Loading 1 hour 25 mins of updates from 201908010000 under both updaters shows no differences except ones that can be attributed to edits (since we always load the latest version on old changes). So this first test seems to be a success.

Smalyshev triaged this task as Medium priority.Aug 29 2019, 6:11 AM

Differences in bnodes might be tolerated with additional replacement. The cleanup stage could be merged with initial sed+sort

zcat wikidata.jnl.1.data.gz | sed 's/ : .*$//;s/_:t[^,>]*/bnode/g' | grep -v http://wikiba.se/ontology#timestamp | sort | gzip > wikidata.jnl.1.sorted.gz
zcat wikidata.jnl.2.data.gz | sed 's/ : .*$//;s/_:t[^,>]*/bnode/g' | grep -v http://wikiba.se/ontology#timestamp | sort | gzip > wikidata.jnl.2.sorted.gz

then compare will be just

comm -3 <(zcat wikidata.jnl.1.sorted.gz) <(zcat wikidata.jnl.2.sorted.gz) > wikidata.jnl.diff

Change 551167 had a related patch set uploaded (by Mathew.onipe; owner: Mathew.onipe):
[operations/puppet@production] query_service: add updater mode option

https://gerrit.wikimedia.org/r/551167

Change 551169 had a related patch set uploaded (by Mathew.onipe; owner: Mathew.onipe):
[operations/puppet@production] Switch wdqs1004 to merging updater mode

https://gerrit.wikimedia.org/r/551169

Change 551549 had a related patch set uploaded (by DCausse; owner: DCausse):
[operations/puppet@production] [wdqs] add logging config for exporting updated entities

https://gerrit.wikimedia.org/r/551549

Change 551167 merged by Gehel:
[operations/puppet@production] query_service: add updater mode option

https://gerrit.wikimedia.org/r/551167

Change 551169 merged by Gehel:
[operations/puppet@production] Switch wdqs1004 to merging updater mode

https://gerrit.wikimedia.org/r/551169

Mentioned in SAL (#wikimedia-operations) [2019-11-19T11:16:57Z] <gehel> restarting wdqs updater on wdqs1004 - T231411

lag is climbing and updater logs are quiet on wdqs1004, something is wrong. Threaddumps:

And the blazegraph threads:

Change 551796 had a related patch set uploaded (by Gehel; owner: Gehel):
[operations/puppet@production] Revert "Switch wdqs1004 to merging updater mode"

https://gerrit.wikimedia.org/r/551796

What about new logger UPDATED_ENTITY_IDS does it track updated entity IDs?
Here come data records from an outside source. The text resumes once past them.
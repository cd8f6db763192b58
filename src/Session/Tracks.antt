-- ===== src/Session/Tracks.antt =====
-- Registering and removing the instances of a session.
use my_rtsp_server.Prelude.{
  ℕ, suc, ◌+◌, ◌≡◌, refl, true, false, ◌&&◌, none, some, List, [], ◌∷◌, ◌++◌, arith, ◌==◌,
  if◌then◌else◌, Option-cases, inl, inr, ltb,
}
use my_rtsp_server.Session.{
  Slot, first, second, track_at, TrackId, track_id_none, track_id0, track_id1, MediaSession, new,
  get_track, push_instance, add_rtp_instance, erase_first, remove_from, remove_rtp_instance,
}

-- The constructor's ids stand at their places.
pub record IsValid (s : MediaSession) : Type 0 where
  pub id0 : s.track0.track_id ≡ track_id0
  pub id1 : s.track1.track_id ≡ track_id1

pub new-IsValid : (name : List ℕ) → IsValid (new name)
unfolding new
new-IsValid name = record { id0 = refl; id1 = refl }

-- How often an instance is registered.
abbrev pub count : ℕ → List ℕ → ℕ
count r [] = 0
count r (x ∷ xs) = if x == r then suc (count r xs) else count r xs

abbrev pub registered : ℕ → MediaSession → ℕ
registered r s = count r s.track0.rtp_instances + count r s.track1.rtp_instances

-- Only a live track has instances.
pub record IsTidy (s : MediaSession) : Type 0 where
  pub ids : IsValid s
  pub quiet0 : s.track0.is_alive ≡ false → s.track0.rtp_instances ≡ []
  pub quiet1 : s.track1.is_alive ≡ false → s.track1.rtp_instances ≡ []

count-append : (r : ℕ) (xs ys : List ℕ) → count r (xs ++ ys) ≡ count r xs + count r ys
count-append r [] ys = omega arith
count-append r (x ∷ xs) ys = ground (arith, count-append r xs ys)

erase_first-none : (r : ℕ) (xs : List ℕ) → erase_first r xs ≡ none → count r xs ≡ 0
unfolding erase_first
erase_first-none r [] h = refl
erase_first-none r (x ∷ xs) h = ground (arith, erase_first-none r xs)

erase_first-some :
    (r q : ℕ) (xs ys : List ℕ)
    → erase_first r xs ≡ some ys
    → count q xs ≡ count q ys + (if r == q then 1 else 0)
unfolding erase_first
erase_first-some r q [] ys h = cc
erase_first-some r q (x ∷ xs) ys h = elim (Option-cases (erase_first r xs)) [
  | inl e ↦ ground arith
  | inr (zs, e) ↦ ground (arith, erase_first-some r q xs zs e)
]

-- Registering an instance in a tidy session leaves a tidy one, in which that instance is
-- registered once more if the call says so, and every other as often as before.
pub add_rtp_instance-registered :
    (id : TrackId) (r q : ℕ) (s : MediaSession)
    → IsTidy s
    → let (done, s') = add_rtp_instance id r s in
      IsTidy s' × (registered q s' ≡ registered q s + (if done && (r == q) then 1 else 0))
unfolding add_rtp_instance get_track push_instance
add_rtp_instance-registered track_id_none r q s t = ground arith
add_rtp_instance-registered track_id0 r q s t =
    ground (arith, count-append q s.track0.rtp_instances (r ∷ []))
add_rtp_instance-registered track_id1 r q s t =
    ground (arith, count-append q s.track1.rtp_instances (r ∷ []))

-- Removing an instance from a tidy session takes out one registration of it, if there is one, and
-- says so; every other instance stays as often registered as it was, and the session stays tidy:
-- its tracks have their ids, and only a live track has instances.
pub remove_rtp_instance-registered :
    (r q : ℕ) (s : MediaSession)
    → IsTidy s
    → let (done, s') = remove_rtp_instance r s in
      IsTidy s'
      × (done ≡ ltb 0 (registered r s))
      × (registered q s ≡ registered q s' + (if done && (r == q) then 1 else 0))
unfolding remove_rtp_instance remove_from
remove_rtp_instance-registered r q s t =
    elim (Option-cases (erase_first r s.track0.rtp_instances)) [
      | inl e ↦ elim (Option-cases (erase_first r s.track1.rtp_instances)) [
        | inl e' ↦ ground (
          arith,
          erase_first-none r s.track0.rtp_instances e,
          erase_first-none r s.track1.rtp_instances e',
        )
        | inr (ys, e') ↦ ground (
          arith,
          erase_first-none r s.track0.rtp_instances e,
          erase_first-some r q s.track1.rtp_instances ys e',
          erase_first-some r r s.track1.rtp_instances ys e',
        )
      ]
      | inr (ys, e) ↦ ground (
        arith,
        erase_first-some r q s.track0.rtp_instances ys e,
        erase_first-some r r s.track0.rtp_instances ys e,
      )
    ]

-- A live track gets the new instance behind the others.
pub rtp_instances-add_rtp_instance :
    (id : TrackId) (r : ℕ) (i : Slot) (s : MediaSession)
    → get_track id s ≡ some i
    → (track_at i s).is_alive ≡ true
    → (track_at i (add_rtp_instance id r s).1).rtp_instances
      ≡ (track_at i s).rtp_instances ++ (r ∷ [])
unfolding add_rtp_instance push_instance get_track
rtp_instances-add_rtp_instance id r first s found alive = ground arith
rtp_instances-add_rtp_instance id r second s found alive = ground arith
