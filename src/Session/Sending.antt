-- ===== src/Session/Sending.antt =====
-- Who gets a packet of a track.
use my_rtsp_server.Prelude.{
  ℕ, ◌≡◌, refl, sym, ap, ◌∙◌, true, false, none, some, List, [], ◌∷◌, ◌++◌, map, arith,
  if◌then◌else◌, ◌==◌, ==_iff, Bool-cases, inl, inr,
}
use my_rtsp_server.Rtp.{RtpPacket}
use my_rtsp_server.Rtp.Instance.{RtpInstance, send}
use my_rtsp_server.Session.{Instances, MediaSession, Slot, track_at, send_all, send_packet}

abbrev pub alive_ones : List RtpInstance → List RtpInstance
alive_ones [] = []
alive_ones (i ∷ is') = if i.is_alive then i ∷ alive_ones is' else alive_ones is'

-- The pointers point to these instances.
abbrev pub PointTo : Instances → List ℕ → List RtpInstance → Type 0
PointTo heap [] [] = Unit
PointTo heap [] (i ∷ is') = ⊥
PointTo heap (r ∷ rs) [] = ⊥
PointTo heap (r ∷ rs) (i ∷ is') = (heap r ≡ some i) × PointTo heap rs is'

send_all_alive :
    (heap : Instances) (rs : List ℕ) (is' : List RtpInstance) (p : RtpPacket)
    → PointTo heap rs is'
    → send_all heap rs p ≡ some (map (send p) (alive_ones is'))
unfolding send_all
send_all_alive heap [] [] p h = refl
send_all_alive heap [] (i ∷ is') p h = absurd h
send_all_alive heap (r ∷ rs) [] p h = absurd h
send_all_alive heap (r ∷ rs) (i ∷ is') p h = ground (arith, send_all_alive heap rs is' p h.1)

-- A packet goes, in the order of registration, to exactly the instances of the track that are
-- alive, each by its own transport, where every pointer of the track points to an instance.
pub send_packet_alive :
    (heap : Instances) (slot : Slot) (is' : List RtpInstance) (p : RtpPacket) (s : MediaSession)
    → PointTo heap (track_at slot s).rtp_instances is'
    → send_packet heap slot p s ≡ some (map (send p) (alive_ones is'))
unfolding send_packet
send_packet_alive heap slot is' p s h = send_all_alive heap (track_at slot s).rtp_instances is' p h

-- Pointers that point elsewhere go on pointing where they did.
pub PointTo-update :
    (heap heap' : Instances) (n : ℕ) (rs : List ℕ) (is' : List RtpInstance)
    → heap n ≡ none
    → ((q : ℕ) → (n == q) ≡ false → heap' q ≡ heap q)
    → PointTo heap rs is'
    → PointTo heap' rs is'
PointTo-update heap heap' n [] [] free same h = tt
PointTo-update heap heap' n [] (i ∷ is') free same h = absurd h
PointTo-update heap heap' n (r ∷ rs) [] free same h = absurd h
PointTo-update heap heap' n (r ∷ rs) (i ∷ is') free same h =
    let apart : (n == r) ≡ false = elim (Bool-cases (n == r)) [
      | inl e ↦ cc (sym h.0 ∙ ap heap (sym ((==_iff n r).0 e)) ∙ free)
      | inr e ↦ e
    ] in
    (same r apart ∙ h.0, PointTo-update heap heap' n rs is' free same h.1)

pub PointTo-append :
    (heap : Instances) (rs : List ℕ) (is' : List RtpInstance) (r : ℕ) (i : RtpInstance)
    → PointTo heap rs is'
    → heap r ≡ some i
    → PointTo heap (rs ++ (r ∷ [])) (is' ++ (i ∷ []))
PointTo-append heap [] [] r i h e = (e, tt)
PointTo-append heap [] (j ∷ is') r i h e = absurd h
PointTo-append heap (q ∷ rs) [] r i h e = absurd h
PointTo-append heap (q ∷ rs) (j ∷ is') r i h e = (h.0, PointTo-append heap rs is' r i h.1 e)

pub sends-append :
    (p : RtpPacket) (is' : List RtpInstance) (i : RtpInstance)
    → i.is_alive ≡ true
    → map (send p) (alive_ones (is' ++ (i ∷ []))) ≡ map (send p) (alive_ones is') ++ (send p i ∷ [])
sends-append p [] i alive = simp alive refl
sends-append p (j ∷ is') i alive = elim (Bool-cases j.is_alive) [
  | inl e ↦ simp e (ap (λ l. send p j ∷ l) (sends-append p is' i alive))
  | inr e ↦ simp e (sends-append p is' i alive)
]
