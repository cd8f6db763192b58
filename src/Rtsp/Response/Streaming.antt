-- ===== src/Rtsp/Response/Streaming.antt =====
-- From SETUP over the connection's own socket to the bytes of a packet on it.
use my_rtsp_server.Prelude.{
  ℕ, ◌+◌, ◌<◌, ◌≤◌, ◌≡◌, refl, sym, ap, ◌∙◌, Bool, true, false, not, none, some, List, [], ◌∷◌,
  ◌++◌, map, arith, subst, ◌==◌, ==_iff, length, take, ◌>>=◌, Returns, Returns->>=, Returns-map,
  u8_mod,
}
use my_rtsp_server.Prelude.Text.{bytes_eq_refl}
use my_rtsp_server.Buffer.Contents.{IsRealloc}
use my_rtsp_server.Rtp.{RtpPacket, payload_size, rtp_header_size}
use my_rtsp_server.Rtp.Instance.{
  RtpInstance, Transmission, write, new_over_tcp, set_session_id, set_alive, packet_bytes, send,
}
use my_rtsp_server.Rtp.Instance.Wire.{read_frame, read_frame-send}
use my_rtsp_server.Session.{Slot, track_at, MediaSession, get_track, add_rtp_instance, send_packet}
use my_rtsp_server.Session.Tracks.{rtp_instances-add_rtp_instance}
use my_rtsp_server.Session.Sending.{
  alive_ones, PointTo, send_packet_alive, PointTo-update, PointTo-append, sends-append,
}
use my_rtsp_server.Rtsp.{RtspConnection}
use my_rtsp_server.Rtsp.Scan.{scan_set}
use my_rtsp_server.Rtsp.World.{World, lookup_media_session, update, lookup-update_session}
use my_rtsp_server.Rtsp.Answer.{Env, message_buffer, send_message}
use my_rtsp_server.Rtsp.Response.{
  rtp_at, rtcp_at, put_instances, is_some, setup_tcp, setup_track, handle_cmd_setup, play_text,
  handle_cmd_play,
}
use my_rtsp_server.Rtsp.Response.Messages.{CanAnswer}
use my_rtsp_server.Rtsp.Response.Setup.{tcp_instance, handle_cmd_setup-setup_track}
use my_rtsp_server.Rtsp.Response.Settled.{
  IsBare, Settled, send_message-Settled, set_up, SetUpAll, setup_tcp-SetUpAll, HasOnly,
  wake_all-HasOnly, put_instances-HasOnly, put_instances-CanAnswer,
}

-- What the session under the name sends of a packet: what it sent before, and last the packet as an
-- interleaved frame of the channel to the socket.
abbrev pub Streams : List ℕ → Slot → RtpPacket → List Transmission → ℕ → ℕ → World → Type 0
Streams name slot p before fd channel w =
    (s : MediaSession) × (bytes : List ℕ) × (lookup_media_session name w.sessions ≡ some s)
    × (send_packet w.instances slot p s ≡ some (before ++ (write fd bytes ∷ [])))
    × (read_frame bytes
        ≡ some (record { channel = channel; bytes = take p.size (packet_bytes p) }, []))

module _ (env : Env) (name : List ℕ) (s : MediaSession) (c : RtspConnection) (w : World)
    (slot : Slot) (is' : List RtpInstance) (p : RtpPacket)
    (found : lookup_media_session name w.sessions ≡ some s)
    (place : get_track c.track_id s ≡ some slot) (live : (track_at slot s).is_alive ≡ true)
    (free : w.instances w.next ≡ none)
    (points : PointTo w.instances (track_at slot s).rtp_instances is')
    (narrow : c.rtp_channel < u8_mod) (whole : length p.payload ≡ payload_size)
    (fits : p.size ≤ rtp_header_size + payload_size) where
  playing-Streams :
      (w2 : World)
      → w2.sessions ≡ (set_up env name s c w).sessions
      → w2.instances
        ≡ update w.next
            (some (set_alive true (tcp_instance env c)))
            (set_up env name s c w).instances
      → Streams name slot p (map (send p) (alive_ones is')) c.sock_fd c.rtp_channel w2
  unfolding set_alive set_session_id new_over_tcp
  playing-Streams w2 sessions instances =
      let i = set_alive true (tcp_instance env c) in
      let s' = (add_rtp_instance c.track_id w.next s).1 in
      let heap = update w.next (some i) (set_up env name s c w).instances in
      let kept : (q : ℕ) → (w.next == q) ≡ false → heap q ≡ w.instances q = λ q e. rw e refl in
      let here : heap w.next ≡ some i = rw ((==_iff w.next w.next).1 refl) refl in
      let registered = rtp_instances-add_rtp_instance c.track_id w.next slot s place live in
      let pointed : PointTo heap (track_at slot s').rtp_instances (is' ++ (i ∷ [])) =
        subst (λ l. PointTo heap l (is' ++ (i ∷ []))) (sym registered)
          (PointTo-append heap (track_at slot s).rtp_instances is' w.next i
            (PointTo-update w.instances heap w.next (track_at slot s).rtp_instances is' free kept
              points)
            here) in
      let (bytes, sent, framed) = read_frame-send p i refl narrow whole fits in
      (
        s',
        bytes,
        ap (lookup_media_session name) sessions
            ∙ lookup-update_session name name s' s w.sessions found
            ∙ rw (bytes_eq_refl name) refl,
        ap (λ h. send_packet h slot p s') instances
            ∙ send_packet_alive heap slot (is' ++ (i ∷ [])) p s' pointed
            ∙ ap some (
                sends-append p is' i refl
                ∙ ap (λ x. map (send p) (alive_ones is') ++ (x ∷ [])) sent),
        framed,
      )

  -- PLAY behind that SETUP.
  play-Streams :
      (env' : Env) (c1 : RtspConnection) (w1 : World) (n : ℕ)
      → HasOnly w.next c1
      → CanAnswer env' c1 n
      → w1 ≡ set_up env name s c w
      → Returns
          (λ r.
            (r.0 ≡ true)
            × Streams name slot p (map (send p) (alive_ones is')) c.sock_fd c.rtp_channel r.2)
          (handle_cmd_play env' c1 w1)
  unfolding handle_cmd_play Settled
  play-Streams env' c1 w1 n only ready same =
      let i = tcp_instance env c in
      let Plays : Bool × RtspConnection × World → Type 0 = λ r.
        (r.0 ≡ true)
        × Streams name slot p (map (send p) (alive_ones is')) c.sock_fd c.rtp_channel r.2 in
      let here : w1.instances w.next ≡ some i =
        ap (λ (v : World). v.instances w.next) same ∙ rw ((==_iff w.next w.next).1 refl) refl in
      let streams =
        playing-Streams
          (record w1 { instances = update w.next (some (set_alive true i)) w1.instances })
          (ap (λ (v : World). v.sessions) same)
          (ap (λ (v : World). update w.next (some (set_alive true i)) v.instances) same) in
      Returns->>= (Settled c1) Plays (send_message env' (message_buffer (play_text c1)) c1) _
        (send_message-Settled env' (play_text c1) c1 n ready)
        (λ (done, c') h. rw h.0 (
          subst (λ o. Returns Plays (do w' ← o; some (true, c', w')))
            (sym (wake_all-HasOnly w.next i c1 w1 only here)) (refl, streams)))

  -- SETUP, and PLAY behind it.
  setup_tcp-Streams :
      (env' : Env) (n n' : ℕ)
      → CanAnswer env c n
      → IsRealloc env'.realloc
      → env'.wrote ≡ some n'
      → rtp_at c.track_id c ≡ some none
      → IsBare c
      → Returns
          (λ (done, c1, w1).
            (done ≡ true)
            × Returns
                (λ (done', c2, w2).
                  (done' ≡ true)
                  × Streams name slot p (map (send p) (alive_ones is')) c.sock_fd c.rtp_channel w2)
                (handle_cmd_play env' c1 w1))
          (setup_tcp env name s c w)
  unfolding Settled SetUpAll
  setup_tcp-Streams env' n n' r allocates takes known bare =
      let cp = put_instances c.track_id (some w.next) none c in
      let only = put_instances-HasOnly c.track_id w.next c known bare in
      Returns-map (setup_tcp env name s c w)
        (λ (done, c1, w1) h. (
          h.0.0,
          play-Streams env' c1 w1 n' (subst (HasOnly w.next) (sym h.0.1) only)
              (record {
                allocates = allocates;
                valid = h.0.2;
                drained = h.0.3;
                low = omega (arith, h.0.4);
                takes = takes;
              })
              h.1,
        ))
        (setup_tcp-SetUpAll env name s c w n
          (put_instances-CanAnswer env c.track_id (some w.next) c n r))

  -- From SETUP to the bytes of a packet. A connection that has no instance asks for a live track
  -- over its own socket and then for PLAY: both succeed, and from then on a packet of the track
  -- goes to those that it went to before and, last, to the connection's socket, as bytes that read
  -- back as one interleaved frame of its channel with the packet in it. The conditions: the URL
  -- names the session in fewer than 100 bytes, the connection has described a session that is not
  -- multicast and uses RTP over TCP with an 8-bit channel; the session's pointers point to
  -- instances, and the new instance is at an unused pointer; both times the connection can answer
  -- (`realloc` does what it documents, and before SETUP its output buffer is valid, empty and has
  -- its write index low; the next write takes some bytes); and the packet fits its block.
  pub handle_cmd_setup-handle_cmd_play :
      (env' : Env) (rest own : List ℕ) (described : MediaSession) (n n' : ℕ)
      → CanAnswer env c n
      → IsRealloc env'.realloc
      → env'.wrote ≡ some n'
      → scan_set (λ x. not (x == b'/')) c.suffix ≡ some (name, rest)
      → length name < 100
      → rtp_at c.track_id c ≡ some none
      → rtcp_at c.track_id c ≡ some none
      → IsBare c
      → c.session ≡ some own
      → lookup_media_session own w.sessions ≡ some described
      → described.is_start_multicast ≡ false
      → c.is_rtp_over_tcp ≡ true
      → Returns
          (λ (done, c1, w1).
            (done ≡ true)
            × Returns
                (λ (done', c2, w2).
                  (done' ≡ true)
                  × Streams name slot p (map (send p) (alive_ones is')) c.sock_fd c.rtp_channel w2)
                (handle_cmd_play env' c1 w1))
          (handle_cmd_setup env c w)
  unfolding setup_track is_some
  handle_cmd_setup-handle_cmd_play env' rest own described n n' r allocates takes scanned short
        known known' bare mine is_known single tcp =
      let Plays : Bool × RtspConnection × World → Type 0 = λ (done, c1, w1).
        (done ≡ true)
        × Returns
            (λ (done', c2, w2).
              (done' ≡ true)
              × Streams name slot p (map (send p) (alive_ones is')) c.sock_fd c.rtp_channel w2)
            (handle_cmd_play env' c1 w1) in
      subst (Returns Plays)
        (sym (handle_cmd_setup-setup_track env name rest s c w scanned short found))
        (simp (known, known', mine, is_known, single, tcp)
          (setup_tcp-Streams env' n n' r allocates takes known bare))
How many per minute/hour?

Change 551796 merged by Gehel:
[operations/puppet@production] Revert "Switch wdqs1004 to merging updater mode"

https://gerrit.wikimedia.org/r/551796

output of
iostat -x 1
and
sudo iotop
?

Mentioned in SAL (#wikimedia-operations) [2019-11-19T11:37:57Z] <gehel> restarting wdqs blazegraph on wdqs1004 - T231411

the new updater seemed to not process any updates. The overall number of triples dropped significantly during the switch to the new updater. This requires more analysis before trying again.

wdqs1004 is depooled at the moment, let's make sure it is a good shape before repooling, maybe copy the journal from another host first.

Mentioned in SAL (#wikimedia-operations) [2019-11-19T14:34:58Z] <gehel> restarting blazegraph with additional logging on wdqs1004 - T231411

Zbyszko subscribed.

We're going in the new direction of rewriting updated into a streaming applicaiton.